Wherever a line in the data holds the word "time", pull that line out.

Start of Block

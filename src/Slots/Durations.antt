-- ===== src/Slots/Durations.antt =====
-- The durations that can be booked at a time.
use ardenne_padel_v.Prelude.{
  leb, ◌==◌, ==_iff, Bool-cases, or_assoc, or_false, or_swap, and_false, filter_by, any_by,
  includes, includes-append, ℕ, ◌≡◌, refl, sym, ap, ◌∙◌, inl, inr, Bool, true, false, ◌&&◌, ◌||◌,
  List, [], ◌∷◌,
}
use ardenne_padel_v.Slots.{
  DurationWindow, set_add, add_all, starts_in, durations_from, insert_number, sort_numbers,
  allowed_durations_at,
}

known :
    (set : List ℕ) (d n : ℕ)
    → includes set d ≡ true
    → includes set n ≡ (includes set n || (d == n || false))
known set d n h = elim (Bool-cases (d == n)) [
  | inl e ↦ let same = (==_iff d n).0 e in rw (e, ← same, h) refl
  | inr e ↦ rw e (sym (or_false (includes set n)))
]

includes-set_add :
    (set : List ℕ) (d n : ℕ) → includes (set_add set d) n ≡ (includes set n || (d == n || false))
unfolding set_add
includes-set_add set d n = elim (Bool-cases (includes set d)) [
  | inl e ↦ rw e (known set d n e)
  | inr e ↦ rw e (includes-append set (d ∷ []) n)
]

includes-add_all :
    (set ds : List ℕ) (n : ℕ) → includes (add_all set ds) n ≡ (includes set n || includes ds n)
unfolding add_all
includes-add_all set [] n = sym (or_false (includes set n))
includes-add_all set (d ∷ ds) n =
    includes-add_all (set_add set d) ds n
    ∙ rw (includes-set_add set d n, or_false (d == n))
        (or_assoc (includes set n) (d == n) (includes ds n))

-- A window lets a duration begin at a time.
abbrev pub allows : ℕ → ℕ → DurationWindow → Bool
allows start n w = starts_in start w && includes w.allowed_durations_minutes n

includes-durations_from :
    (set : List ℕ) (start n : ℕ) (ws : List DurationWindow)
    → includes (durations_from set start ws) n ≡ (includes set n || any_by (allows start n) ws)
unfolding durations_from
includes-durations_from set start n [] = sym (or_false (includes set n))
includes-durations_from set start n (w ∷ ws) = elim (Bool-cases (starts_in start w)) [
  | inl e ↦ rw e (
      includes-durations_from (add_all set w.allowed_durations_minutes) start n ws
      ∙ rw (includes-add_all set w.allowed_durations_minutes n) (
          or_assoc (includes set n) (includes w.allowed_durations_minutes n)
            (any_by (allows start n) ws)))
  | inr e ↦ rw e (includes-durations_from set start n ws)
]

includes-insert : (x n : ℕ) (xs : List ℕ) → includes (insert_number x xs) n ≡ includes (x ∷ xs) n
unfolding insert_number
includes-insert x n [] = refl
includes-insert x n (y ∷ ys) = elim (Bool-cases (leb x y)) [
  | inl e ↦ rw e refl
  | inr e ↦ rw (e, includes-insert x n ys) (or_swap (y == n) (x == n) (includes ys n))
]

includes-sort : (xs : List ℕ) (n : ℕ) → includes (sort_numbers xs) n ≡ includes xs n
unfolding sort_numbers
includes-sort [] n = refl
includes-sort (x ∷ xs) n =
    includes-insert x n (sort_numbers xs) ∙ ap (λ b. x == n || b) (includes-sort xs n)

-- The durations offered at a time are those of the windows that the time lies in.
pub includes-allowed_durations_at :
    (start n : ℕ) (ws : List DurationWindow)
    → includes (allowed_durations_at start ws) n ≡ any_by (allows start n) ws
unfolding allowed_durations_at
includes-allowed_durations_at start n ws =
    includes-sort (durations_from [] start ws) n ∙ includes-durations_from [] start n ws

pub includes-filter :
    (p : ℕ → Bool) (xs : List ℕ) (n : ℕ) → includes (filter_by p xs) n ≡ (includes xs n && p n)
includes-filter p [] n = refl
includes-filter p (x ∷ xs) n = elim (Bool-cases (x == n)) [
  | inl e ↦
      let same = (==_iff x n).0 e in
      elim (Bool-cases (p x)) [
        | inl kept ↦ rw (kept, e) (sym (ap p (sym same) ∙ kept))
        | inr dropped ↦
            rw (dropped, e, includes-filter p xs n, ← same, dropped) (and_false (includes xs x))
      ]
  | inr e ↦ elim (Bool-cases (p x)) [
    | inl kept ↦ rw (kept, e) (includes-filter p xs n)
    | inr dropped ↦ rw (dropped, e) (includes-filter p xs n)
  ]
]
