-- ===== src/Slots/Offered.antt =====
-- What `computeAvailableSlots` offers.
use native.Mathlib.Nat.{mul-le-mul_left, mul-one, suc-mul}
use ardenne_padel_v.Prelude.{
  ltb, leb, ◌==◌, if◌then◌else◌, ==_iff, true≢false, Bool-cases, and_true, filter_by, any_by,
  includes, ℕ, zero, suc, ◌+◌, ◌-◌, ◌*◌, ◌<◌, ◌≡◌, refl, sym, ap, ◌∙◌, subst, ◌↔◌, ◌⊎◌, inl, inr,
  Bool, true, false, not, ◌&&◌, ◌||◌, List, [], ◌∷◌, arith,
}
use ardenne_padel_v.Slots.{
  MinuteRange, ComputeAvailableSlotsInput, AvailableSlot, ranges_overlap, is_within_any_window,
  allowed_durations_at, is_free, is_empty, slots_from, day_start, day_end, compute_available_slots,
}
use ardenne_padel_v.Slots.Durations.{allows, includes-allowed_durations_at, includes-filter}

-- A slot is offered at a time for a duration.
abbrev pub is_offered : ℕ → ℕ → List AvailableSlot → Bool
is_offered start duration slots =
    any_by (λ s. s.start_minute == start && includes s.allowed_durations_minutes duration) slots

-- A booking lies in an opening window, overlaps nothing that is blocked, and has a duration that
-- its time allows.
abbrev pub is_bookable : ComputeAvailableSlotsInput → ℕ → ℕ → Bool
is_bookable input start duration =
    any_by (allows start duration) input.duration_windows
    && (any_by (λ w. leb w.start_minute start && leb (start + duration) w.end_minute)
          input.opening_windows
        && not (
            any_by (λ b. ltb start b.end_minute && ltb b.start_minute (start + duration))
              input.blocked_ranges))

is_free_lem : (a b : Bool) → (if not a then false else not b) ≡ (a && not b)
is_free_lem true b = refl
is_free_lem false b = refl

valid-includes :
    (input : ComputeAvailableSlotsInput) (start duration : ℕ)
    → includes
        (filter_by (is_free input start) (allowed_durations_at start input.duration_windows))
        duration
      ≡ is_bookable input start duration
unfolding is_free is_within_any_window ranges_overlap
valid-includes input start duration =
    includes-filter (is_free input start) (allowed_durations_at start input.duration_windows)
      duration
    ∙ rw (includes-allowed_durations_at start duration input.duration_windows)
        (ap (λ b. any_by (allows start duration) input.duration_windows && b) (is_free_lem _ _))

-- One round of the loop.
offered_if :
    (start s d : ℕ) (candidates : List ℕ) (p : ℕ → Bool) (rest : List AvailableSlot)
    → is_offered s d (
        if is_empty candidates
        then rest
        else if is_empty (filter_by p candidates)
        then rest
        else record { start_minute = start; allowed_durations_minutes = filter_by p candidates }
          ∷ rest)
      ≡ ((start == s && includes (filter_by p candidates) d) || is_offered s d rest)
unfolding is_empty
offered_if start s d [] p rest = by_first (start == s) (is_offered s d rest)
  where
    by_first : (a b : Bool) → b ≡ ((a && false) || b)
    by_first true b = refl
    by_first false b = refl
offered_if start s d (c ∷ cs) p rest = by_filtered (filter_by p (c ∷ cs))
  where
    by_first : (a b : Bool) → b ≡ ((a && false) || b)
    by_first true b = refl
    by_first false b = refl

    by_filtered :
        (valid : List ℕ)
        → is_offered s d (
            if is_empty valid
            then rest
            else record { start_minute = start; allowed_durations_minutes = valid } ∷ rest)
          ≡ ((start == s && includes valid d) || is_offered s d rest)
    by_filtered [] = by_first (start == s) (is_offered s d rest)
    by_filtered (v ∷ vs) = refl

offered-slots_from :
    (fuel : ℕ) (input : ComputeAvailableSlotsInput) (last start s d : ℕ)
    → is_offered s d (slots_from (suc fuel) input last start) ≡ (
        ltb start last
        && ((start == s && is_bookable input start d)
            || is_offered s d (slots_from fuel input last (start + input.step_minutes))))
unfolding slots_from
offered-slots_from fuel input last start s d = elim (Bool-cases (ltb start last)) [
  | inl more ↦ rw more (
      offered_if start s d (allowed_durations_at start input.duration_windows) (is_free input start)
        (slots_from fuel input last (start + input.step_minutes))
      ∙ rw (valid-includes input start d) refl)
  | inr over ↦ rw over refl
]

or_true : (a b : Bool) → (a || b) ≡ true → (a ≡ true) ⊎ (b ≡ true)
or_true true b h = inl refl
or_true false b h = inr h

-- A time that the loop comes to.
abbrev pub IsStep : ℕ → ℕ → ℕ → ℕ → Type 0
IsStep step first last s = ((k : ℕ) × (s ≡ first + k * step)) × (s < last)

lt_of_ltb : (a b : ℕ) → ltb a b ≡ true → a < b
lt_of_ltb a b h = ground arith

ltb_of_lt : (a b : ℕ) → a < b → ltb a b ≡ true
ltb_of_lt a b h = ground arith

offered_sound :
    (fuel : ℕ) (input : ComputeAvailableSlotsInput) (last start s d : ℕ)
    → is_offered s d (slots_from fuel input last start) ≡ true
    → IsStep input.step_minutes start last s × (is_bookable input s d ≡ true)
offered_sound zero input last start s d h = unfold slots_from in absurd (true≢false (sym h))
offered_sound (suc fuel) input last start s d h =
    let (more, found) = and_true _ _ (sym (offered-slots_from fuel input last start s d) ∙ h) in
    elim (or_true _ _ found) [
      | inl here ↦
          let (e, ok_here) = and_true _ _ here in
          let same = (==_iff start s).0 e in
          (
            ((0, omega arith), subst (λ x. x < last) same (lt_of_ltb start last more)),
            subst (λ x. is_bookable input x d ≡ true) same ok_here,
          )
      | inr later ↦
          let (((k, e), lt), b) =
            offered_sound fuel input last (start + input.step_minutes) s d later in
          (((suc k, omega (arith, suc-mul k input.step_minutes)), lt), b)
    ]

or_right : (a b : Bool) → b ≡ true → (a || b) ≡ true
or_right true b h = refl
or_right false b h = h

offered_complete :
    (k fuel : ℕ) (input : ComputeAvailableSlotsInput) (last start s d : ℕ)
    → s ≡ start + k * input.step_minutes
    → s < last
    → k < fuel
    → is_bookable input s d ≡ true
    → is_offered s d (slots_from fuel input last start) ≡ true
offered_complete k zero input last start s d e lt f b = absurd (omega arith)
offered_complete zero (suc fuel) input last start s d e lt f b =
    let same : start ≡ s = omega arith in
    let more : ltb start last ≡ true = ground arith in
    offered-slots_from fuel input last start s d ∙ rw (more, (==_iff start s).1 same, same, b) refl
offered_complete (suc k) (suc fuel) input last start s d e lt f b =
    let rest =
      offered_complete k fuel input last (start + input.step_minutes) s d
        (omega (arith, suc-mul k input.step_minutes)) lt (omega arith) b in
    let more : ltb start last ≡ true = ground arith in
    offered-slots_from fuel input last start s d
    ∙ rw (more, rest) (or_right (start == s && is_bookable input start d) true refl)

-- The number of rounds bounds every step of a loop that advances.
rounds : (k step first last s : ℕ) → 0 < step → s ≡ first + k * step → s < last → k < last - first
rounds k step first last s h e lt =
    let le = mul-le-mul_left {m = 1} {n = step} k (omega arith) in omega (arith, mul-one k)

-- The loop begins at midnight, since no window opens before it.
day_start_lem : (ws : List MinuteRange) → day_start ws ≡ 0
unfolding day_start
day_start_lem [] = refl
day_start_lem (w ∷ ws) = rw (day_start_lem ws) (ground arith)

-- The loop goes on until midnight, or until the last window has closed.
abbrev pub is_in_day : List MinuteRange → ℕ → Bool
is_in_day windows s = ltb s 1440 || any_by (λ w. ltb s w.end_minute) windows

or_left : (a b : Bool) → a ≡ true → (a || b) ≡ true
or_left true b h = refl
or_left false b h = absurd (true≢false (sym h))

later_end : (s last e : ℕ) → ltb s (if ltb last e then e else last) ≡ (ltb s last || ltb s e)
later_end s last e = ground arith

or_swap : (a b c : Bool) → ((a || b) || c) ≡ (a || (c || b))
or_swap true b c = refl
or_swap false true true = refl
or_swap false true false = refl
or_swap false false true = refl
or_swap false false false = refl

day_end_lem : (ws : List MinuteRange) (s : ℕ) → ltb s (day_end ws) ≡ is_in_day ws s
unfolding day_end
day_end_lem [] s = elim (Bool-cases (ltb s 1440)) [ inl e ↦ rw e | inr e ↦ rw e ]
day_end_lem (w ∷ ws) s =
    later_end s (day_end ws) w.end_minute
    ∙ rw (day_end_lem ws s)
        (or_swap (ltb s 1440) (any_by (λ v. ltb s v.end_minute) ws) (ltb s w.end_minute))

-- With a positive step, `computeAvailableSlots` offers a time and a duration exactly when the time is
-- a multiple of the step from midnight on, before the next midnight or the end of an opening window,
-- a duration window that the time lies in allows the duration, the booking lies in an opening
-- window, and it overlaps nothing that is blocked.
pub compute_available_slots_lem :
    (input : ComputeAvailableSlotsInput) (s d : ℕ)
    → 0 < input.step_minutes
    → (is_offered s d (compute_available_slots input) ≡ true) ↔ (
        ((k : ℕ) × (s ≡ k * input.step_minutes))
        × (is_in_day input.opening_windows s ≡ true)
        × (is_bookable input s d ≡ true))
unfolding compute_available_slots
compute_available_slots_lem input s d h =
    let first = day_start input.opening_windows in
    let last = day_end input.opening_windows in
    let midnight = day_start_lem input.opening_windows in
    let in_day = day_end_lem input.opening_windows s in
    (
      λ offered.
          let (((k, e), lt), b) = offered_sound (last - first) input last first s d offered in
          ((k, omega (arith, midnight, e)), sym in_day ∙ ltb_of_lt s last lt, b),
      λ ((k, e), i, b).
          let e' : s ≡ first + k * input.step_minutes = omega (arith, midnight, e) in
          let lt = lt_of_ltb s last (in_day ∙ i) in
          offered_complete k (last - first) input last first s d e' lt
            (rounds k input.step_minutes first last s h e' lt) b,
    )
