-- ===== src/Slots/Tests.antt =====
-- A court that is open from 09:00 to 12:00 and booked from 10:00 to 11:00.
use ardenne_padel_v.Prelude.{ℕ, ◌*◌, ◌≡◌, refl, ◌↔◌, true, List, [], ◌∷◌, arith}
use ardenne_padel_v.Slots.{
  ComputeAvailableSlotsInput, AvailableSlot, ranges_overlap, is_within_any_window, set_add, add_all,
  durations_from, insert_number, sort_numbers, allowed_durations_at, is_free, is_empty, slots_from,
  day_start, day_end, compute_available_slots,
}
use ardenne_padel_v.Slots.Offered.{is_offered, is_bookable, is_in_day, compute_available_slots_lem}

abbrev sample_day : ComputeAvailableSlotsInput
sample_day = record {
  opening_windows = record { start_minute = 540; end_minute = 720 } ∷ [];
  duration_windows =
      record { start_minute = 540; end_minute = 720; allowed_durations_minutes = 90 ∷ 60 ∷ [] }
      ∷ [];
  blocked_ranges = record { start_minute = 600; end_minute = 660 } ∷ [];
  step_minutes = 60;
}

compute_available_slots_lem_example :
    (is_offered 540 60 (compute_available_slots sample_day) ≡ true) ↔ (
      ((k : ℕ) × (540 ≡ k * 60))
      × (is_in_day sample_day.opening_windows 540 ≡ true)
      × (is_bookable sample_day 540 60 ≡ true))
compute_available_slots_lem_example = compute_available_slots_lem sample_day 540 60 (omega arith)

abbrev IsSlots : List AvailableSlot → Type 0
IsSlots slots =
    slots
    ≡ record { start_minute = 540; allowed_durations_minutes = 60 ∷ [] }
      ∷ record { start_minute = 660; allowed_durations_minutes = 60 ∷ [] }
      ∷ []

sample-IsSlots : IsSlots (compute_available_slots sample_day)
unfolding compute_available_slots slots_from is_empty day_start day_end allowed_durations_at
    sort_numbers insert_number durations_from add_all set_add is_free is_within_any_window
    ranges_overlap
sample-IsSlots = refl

End of Block

■ Exercise result
-- The durations that can be booked at a time.
-- A window lets a duration begin at a time.
-- The durations offered at a time are those of the windows that the time lies in.
-- A slot is offered at a time for a duration.
-- its time allows.
-- A time that the loop comes to.
-- With a positive step, `computeAvailableSlots` offers a time and a duration exactly when the time is
-- a duration window that the time lies in allows the duration, the booking lies in an opening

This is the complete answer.